This is the time of year where Norwegian women and men take out and prepare their national costumes for the national day on May 17. Over the last thirty years, the Bunad has regained its popularity, and according to Norges Husflidslag (Norwegian Folk Art and Craft Association), there are over two million Bunads in Norway.
Earlier ThorNews has written about Norwegian national costumes and the Bunad tradition. You can read more about it here.
In our Bunad series, we have now come to the Trondheim costume – Trondhjemsdrakten.
Trondheim is Norway’s third largest city and one of the oldest urban settlements in the country. The story goes back to the Viking Age when the city was capital. The Nidaros Cathedral is one of the best preserved medieval churches in Scandinavia, and several medieval kings are buried here.
Trondhjemsdrakten is modern, easy to wear, warm and has a feminine cut- in addition to great historical affiliation.
It was designed by Ellinor Flor and was first presented in 1994. The design is based on pleated medieval textiles discovered in Trondheim. The fabric is dated back to the 11th to the 13th century. The special pleated fabric amazed the scientists – they had no idea that such advanced textile was prevalent in this part of Norway. Such findings are therefore very rare in Norway and Scandinavia.
The upper part of Trondhjemsdrakten is inspired by the Norwegian flora – depicting rose-like motifs. The rose has been important to the Trondheim area for centuries in jewelry, buttons, embroidery and knitwear.
See also: Selbuvotten
Archaeological findings from the Middle Ages confirm the importance of the rose, and Trondhjemsdrakten therefore carries a rose-like pattern on the upper part and on the silver. The five-leaf rose is repeated in the fabric. The earliest findings of this rose is on a brooch owned by Queen Eufemia (1270-1312).

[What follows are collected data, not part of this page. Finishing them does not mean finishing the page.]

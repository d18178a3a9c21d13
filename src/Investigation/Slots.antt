-- ===== src/Investigation/Slots.antt =====
-- The slots of the orchestrator, and what its map of active investigations refers to.
use k8s_deploy_monitor_opera.Prelude.{
  ℕ, suc, ◌+◌, ◌≤◌, Bool, true, false, not, ◌&&◌, Option, List, [], ◌∷◌, GoString, Map, lookup,
  remove, any, ltb, eqb, length, All, All-insert, All-remove, eq_refl, ◌==◌, eq_iff, on_some_both,
  if_both, if_cases, ◌≡◌, refl, arith,
}
use k8s_deploy_monitor_opera.Investigation.{
  Orchestrator, new_orchestrator, take_key, take_number, take_run, same_run, is_key, is_running,
  is_cancelled, supersede, admit, register, conclude, clean_up, release, stop,
}
use k8s_deploy_monitor_opera.Investigation.Cache.{InvestigationStatus}

-- What can happen next, in any call or goroutine.
pub data Op : Type 0 where
  supersede_op : GoString → Op
  admit_op : GoString → Op
  register_op : GoString → Op
  conclude_op : ℕ → GoString → Option InvestigationStatus → Bool → Op
  clean_up_op : ℕ → GoString → Op
  release_op : ℕ → Op
  stop_op : Op

unfoldable pub step : Op → Orchestrator → Orchestrator
step (supersede_op key) o = supersede key o
step (admit_op key) o = admit key o
step (register_op key) o = register key o
step (conclude_op n key result posted) o = conclude n key result posted o
step (clean_up_op n key) o = clean_up n key o
step (release_op n) o = release n o
step stop_op o = stop o

unfoldable pub run : List Op → Orchestrator → Orchestrator
run [] o = o
run (op ∷ ops) o = run ops (step op o)

length-take_key :
    (key : GoString) (keys : List GoString)
    → is_key key keys ≡ true
    → suc (length (take_key key keys)) ≡ length keys
unfolding take_key
length-take_key key [] h = cc
length-take_key key (k ∷ keys) h = ground (arith, h, length-take_key key keys)

length-take_number :
    (n : ℕ) (ms : List ℕ)
    → any (λ m. eqb m n) ms ≡ true
    → suc (length (take_number n ms)) ≡ length ms
unfolding take_number
length-take_number n [] h = cc
length-take_number n (m ∷ ms) h = ground (arith, h, length-take_number n ms)

length-take_run :
    (n : ℕ) (key : GoString) (rs : List (ℕ × GoString))
    → any (same_run n key) rs ≡ true
    → suc (length (take_run n key rs)) ≡ length rs
unfolding take_run
length-take_run n key [] h = cc
length-take_run n key (r ∷ rs) h = ground (arith, h, length-take_run n key rs)

-- The slots that are taken are those of admitted calls and of goroutines, at most as many as there
-- are.
pub record IsBounded (o : Orchestrator) : Type 0 where
  pub taken : o.slots ≡ length o.admitted + length o.running + length o.closing
  pub bounded : o.slots ≤ o.max_concurrent

step-IsBounded : (op : Op) (o : Orchestrator) → IsBounded o → IsBounded (step op o)
unfolding step supersede admit register conclude clean_up release stop
step-IsBounded (supersede_op key) o h =
    on_some_both IsBounded (lookup key o.active) _ _
      (λ e. record { taken = h.taken; bounded = h.bounded })
      (λ n e. record { taken = h.taken; bounded = h.bounded })
step-IsBounded (admit_op key) o h = if_both IsBounded (not (is_key key o.waiting)) o _ h (
    if_both IsBounded o.stopped _ _ (record { taken = h.taken; bounded = h.bounded })
      (if_cases IsBounded (ltb o.slots o.max_concurrent) _ _
        (λ free. record { taken = omega (arith, h.taken); bounded = ground (arith, free) })
        (λ full. record { taken = h.taken; bounded = h.bounded })))
step-IsBounded (register_op key) o h =
    if_cases IsBounded (is_key key o.admitted) _ o
      (λ found. record {
        taken = omega (arith, h.taken, length-take_key key o.admitted found);
        bounded = h.bounded;
      })
      (λ missing. h)
step-IsBounded (conclude_op n key result posted) o h =
    if_both IsBounded (not (is_running n key o)) o _ h (
      if_both IsBounded (not posted && is_cancelled n o) o _ h (
        on_some_both IsBounded result o _ (λ e. h)
          (λ r e. record { taken = h.taken; bounded = h.bounded })))
step-IsBounded (clean_up_op n key) o h =
    if_cases IsBounded (is_running n key o) _ o
      (λ found. record {
        taken = omega (arith, h.taken, length-take_run n key o.running found);
        bounded = h.bounded;
      })
      (λ missing. h)
step-IsBounded (release_op n) o h =
    if_cases IsBounded (any (λ m. eqb m n) o.closing) _ o
      (λ found. record {
        taken = omega (arith, h.taken, length-take_number n o.closing found);
        bounded = omega (arith, h.bounded);
      })
      (λ missing. h)
step-IsBounded stop_op o h = record { taken = h.taken; bounded = h.bounded }

-- Every cancel function of the map is that of an investigation of its deployment that still runs.
abbrev IsRun : List (ℕ × GoString) → GoString × ℕ → Type 0
IsRun rs e = any (same_run e.1 e.0) rs ≡ true

pub record IsTracked (o : Orchestrator) : Type 0 where
  pub tracked : All (IsRun o.running) o.active

All-IsRun-cons :
    (r : ℕ × GoString) (rs : List (ℕ × GoString)) (m : Map ℕ)
    → All (IsRun rs) m
    → All (IsRun (r ∷ rs)) m
All-IsRun-cons r rs [] h = tt
All-IsRun-cons r rs (e ∷ m) h = (ground (arith, h.0), All-IsRun-cons r rs m h.1)

-- another deployment's investigation goes on running
IsRun-take_run :
    (n : ℕ) (key : GoString) (rs : List (ℕ × GoString)) (e : GoString × ℕ)
    → e.0 == key ≡ false
    → IsRun rs e
    → IsRun (take_run n key rs) e
unfolding take_run
IsRun-take_run n key [] e other h = h
IsRun-take_run n key (r ∷ rs) e other h =
    ground
      (arith, h, IsRun-take_run n key rs e other, eq_iff r.1 key, eq_iff r.1 e.0, eq_iff e.0 key)

All-IsRun-take_run :
    (n : ℕ) (key : GoString) (rs : List (ℕ × GoString)) (m : Map ℕ)
    → All (IsRun rs) m
    → All (IsRun (take_run n key rs)) (remove key m)
unfolding remove
All-IsRun-take_run n key rs [] h = tt
All-IsRun-take_run n key rs (e ∷ m) h =
    if_cases (All (IsRun (take_run n key rs))) (e.0 == key) _ _
      (λ same. All-IsRun-take_run n key rs m h.1)
      (λ other. (IsRun-take_run n key rs e other h.0, All-IsRun-take_run n key rs m h.1))

step-IsTracked : (op : Op) (o : Orchestrator) → IsTracked o → IsTracked (step op o)
unfolding step supersede admit register conclude clean_up release stop
step-IsTracked (supersede_op key) o h =
    on_some_both IsTracked (lookup key o.active) _ _ (λ e. record { tracked = h.tracked })
      (λ n e. record { tracked = All-remove (IsRun o.running) key o.active h.tracked })
step-IsTracked (admit_op key) o h = if_both IsTracked (not (is_key key o.waiting)) o _ h (
    if_both IsTracked o.stopped _ _ (record { tracked = h.tracked })
      (if_both IsTracked (ltb o.slots o.max_concurrent) _ _ (record { tracked = h.tracked })
        (record { tracked = h.tracked })))
step-IsTracked (register_op key) o h =
    if_both IsTracked (is_key key o.admitted) _ o
      (record {
        tracked =
            All-insert (IsRun ((o.registered, key) ∷ o.running)) key o.registered o.active
              (ground (arith, eq_refl key))
              (All-IsRun-cons (o.registered, key) o.running o.active h.tracked);
      })
      h
step-IsTracked (conclude_op n key result posted) o h =
    if_both IsTracked (not (is_running n key o)) o _ h (
      if_both IsTracked (not posted && is_cancelled n o) o _ h
        (on_some_both IsTracked result o _ (λ e. h) (λ r e. record { tracked = h.tracked })))
step-IsTracked (clean_up_op n key) o h =
    if_both IsTracked (is_running n key o) _ o
      (record { tracked = All-IsRun-take_run n key o.running o.active h.tracked }) h
step-IsTracked (release_op n) o h =
    if_both IsTracked (any (λ m. eqb m n) o.closing) _ o (record { tracked = h.tracked }) h
step-IsTracked stop_op o h = record { tracked = h.tracked }

run-IsSound :
    (ops : List Op) (o : Orchestrator)
    → IsBounded o
    → IsTracked o
    → IsBounded (run ops o) × IsTracked (run ops o)
unfolding run
run-IsSound [] o b t = (b, t)
run-IsSound (op ∷ ops) o b t =
    run-IsSound ops (step op o) (step-IsBounded op o b) (step-IsTracked op o t)

-- However the steps of calls, goroutines and `Stop` interleave, an orchestrator has as many slots
-- taken as calls and goroutines hold, never more than its maximum, and each cancel function in its
-- map is that of an investigation of that deployment that has not cleaned up.
pub run-new-IsSound :
    (max_concurrent : ℕ) (ops : List Op)
    → let o = run ops (new_orchestrator max_concurrent) in IsBounded o × IsTracked o
unfolding new_orchestrator
run-new-IsSound max_concurrent ops =
    run-IsSound ops _ (record { taken = refl; bounded = omega arith }) (record { tracked = tt })
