-- ===== src/Investigation/Superseded.antt =====
-- What a new rollout does to the investigations of its deployment that run.
use k8s_deploy_monitor_opera.Prelude.{
  ℕ, ◌+◌, ◌≤◌, ◌<◌, true, false, none, some, ◌∷◌, GoString, lookup, insert, remove, ltb, eqb,
  eq_refl, on_some, if◌then◌else◌, ◌≡◌, refl, ap, ◌∙◌, arith, inl, inr, Bool-cases, Option-cases,
  lookup-insert_self, lookup-remove_self,
}
use k8s_deploy_monitor_opera.Investigation.{
  Orchestrator, take_key, take_run, is_key, is_cancelled, supersede, admit, register, investigate,
  clean_up,
}

-- an orchestrator that is not stopped, has a free slot, and no investigation of the key
pub record IsFree (slots : ℕ) (key : GoString) (o : Orchestrator) : Type 0 where
  pub running_on : o.stopped ≡ false
  pub free : o.slots + slots ≤ o.max_concurrent
  pub none_active : lookup key o.active ≡ none

-- the map after the supersession
abbrev superseded : GoString → Orchestrator → Orchestrator
superseded key o =
    on_some (lookup key o.active) o
      (λ n. record o { active = remove key o.active; cancelled = n ∷ o.cancelled })

-- the new investigation is registered and runs
abbrev started : GoString → Orchestrator → Orchestrator
started key o = record o {
  slots = o.slots + 1;
  active = insert key o.registered o.active;
  running = (o.registered, key) ∷ o.running;
  registered = o.registered + 1;
}

investigate_starts :
    (key : GoString) (o : Orchestrator)
    → o.stopped ≡ false
    → o.slots < o.max_concurrent
    → investigate key o ≡ started key (superseded key o)
unfolding investigate supersede admit register take_key
investigate_starts key o going free =
    let room : ltb o.slots o.max_concurrent ≡ true = ground (arith, free) in
    elim (Option-cases (lookup key o.active)) [
      | inl nothing ↦ rw (nothing, eq_refl key, going, room, eq_refl key) refl
      | inr (n, found) ↦ rw (found, eq_refl key, going, room, eq_refl key) refl
    ]

first_starts :
    (key : GoString) (o : Orchestrator)
    → o.stopped ≡ false
    → o.slots < o.max_concurrent
    → lookup key o.active ≡ none
    → investigate key o ≡ started key o
first_starts key o going free nothing = investigate_starts key o going free ∙ rw nothing refl

abbrev replaced : GoString → ℕ → Orchestrator → Orchestrator
replaced key n o = record o { active = remove key o.active; cancelled = n ∷ o.cancelled }

next_starts :
    (key : GoString) (n : ℕ) (o : Orchestrator)
    → o.stopped ≡ false
    → o.slots < o.max_concurrent
    → lookup key o.active ≡ some n
    → investigate key o ≡ started key (replaced key n o)
next_starts key n o going free found = investigate_starts key o going free ∙ rw found refl

-- the first of two investigations cleans up
abbrev cleaned : GoString → Orchestrator → Orchestrator
cleaned key o =
    let o₂ = started key (replaced key o.registered (started key o)) in
    record o₂ {
      active = remove key o₂.active;
      running = (o.registered + 1, key) ∷ o.running;
      closing = o.registered ∷ o.closing;
      cancelled = o.registered ∷ o₂.cancelled;
    }

first_cleans_up :
    (key : GoString) (o : Orchestrator)
    → clean_up o.registered key (started key (replaced key o.registered (started key o)))
      ≡ cleaned key o
unfolding clean_up take_run
first_cleans_up key o =
    let here : eqb o.registered o.registered ≡ true = ground arith in
    let later : eqb (o.registered + 1) o.registered ≡ false = ground arith in
    rw (later, here, eq_refl key) refl

-- Three rollouts of a deployment in turn, where the first investigation ends between the second and
-- the third: its clean-up deletes the entry of the second, so that the third does not cancel it,
-- and both go on.
pub unsuperseded :
    (key : GoString) (o : Orchestrator)
    → IsFree 3 key o
    → let o' = investigate key (clean_up o.registered key (investigate key (investigate key o))) in
      (o'.running ≡ (o.registered + 2, key) ∷ (o.registered + 1, key) ∷ o.running)
      × (o'.cancelled ≡ o.registered ∷ o.registered ∷ o.cancelled)
unsuperseded key o h =
    let e₁ = first_starts key o h.running_on (omega (arith, h.free)) h.none_active in
    let e₂ =
      next_starts key o.registered (started key o) h.running_on (omega (arith, h.free))
        (lookup-insert_self key o.registered o.active) in
    let e₃ =
      first_starts key (cleaned key o) h.running_on (omega (arith, h.free))
        (lookup-remove_self key _) in
    let third : o.registered + 1 + 1 ≡ o.registered + 2 = omega arith in
    rw (e₁, e₂, first_cleans_up key o, e₃)
      (ap (λ n. (n, key) ∷ (o.registered + 1, key) ∷ o.running) third, refl)

dropped :
    (key : GoString) (n : ℕ) (o : Orchestrator)
    → o.stopped ≡ false
    → ltb o.slots o.max_concurrent ≡ false
    → lookup key o.active ≡ some n
    → is_key key o.admitted ≡ false
    → investigate key o ≡ replaced key n o
unfolding investigate supersede admit register take_key
dropped key n o going full found alone = rw (found, eq_refl key, going, full, alone) refl

-- A rollout of a deployment with an active investigation, where no other call for it is under way:
-- the investigation is cancelled, and the new one is active in its place if a slot is free, or none
-- is.
investigate-supersedes :
    (key : GoString) (n : ℕ) (o : Orchestrator)
    → o.stopped ≡ false
    → lookup key o.active ≡ some n
    → is_key key o.admitted ≡ false
    → (is_cancelled n (investigate key o) ≡ true)
      × (lookup key (investigate key o).active
          ≡ (if ltb o.slots o.max_concurrent then some o.registered else none))
unfolding is_cancelled
investigate-supersedes key n o going found alone =
    let self : eqb n n ≡ true = ground arith in
    elim (Bool-cases (ltb o.slots o.max_concurrent)) [
      | inl free ↦
          rw (next_starts key n o going (ground (arith, free)) found, free)
            (ground (arith, self), lookup-insert_self key o.registered (remove key o.active))
      | inr full ↦
          rw (dropped key n o going full found alone, full)
            (ground (arith, self), lookup-remove_self key o.active)
    ]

The three-leaf rose holds the same historical significance and symbolizes the Christian Trinity – Father, Son and Holy Spirit.
During the design work, it was decided that the costume should have roots in the fabrics found in Trondheim, but also have an independent design. Ellinor Flor is known for her distinctive designs where she combines old rose patterns and traditional knitting patterns with modern garments.
The costume suits women of all ages, and the cut makes it seem slimming.
The skirt is made of smooth, black Norwegian wool. Flor composed a superior knitted fabric for the upper part with rose patterns in red and black. The shape of the upper part has a free composition. The shirt is in pure linen, and it is common to wear simple black shoes.
The silver is inspired by the Tudor rose.
In 1997, during the 1000th anniversary of the city of Trondheim, the costume was a popular garment for many who wanted to celebrate.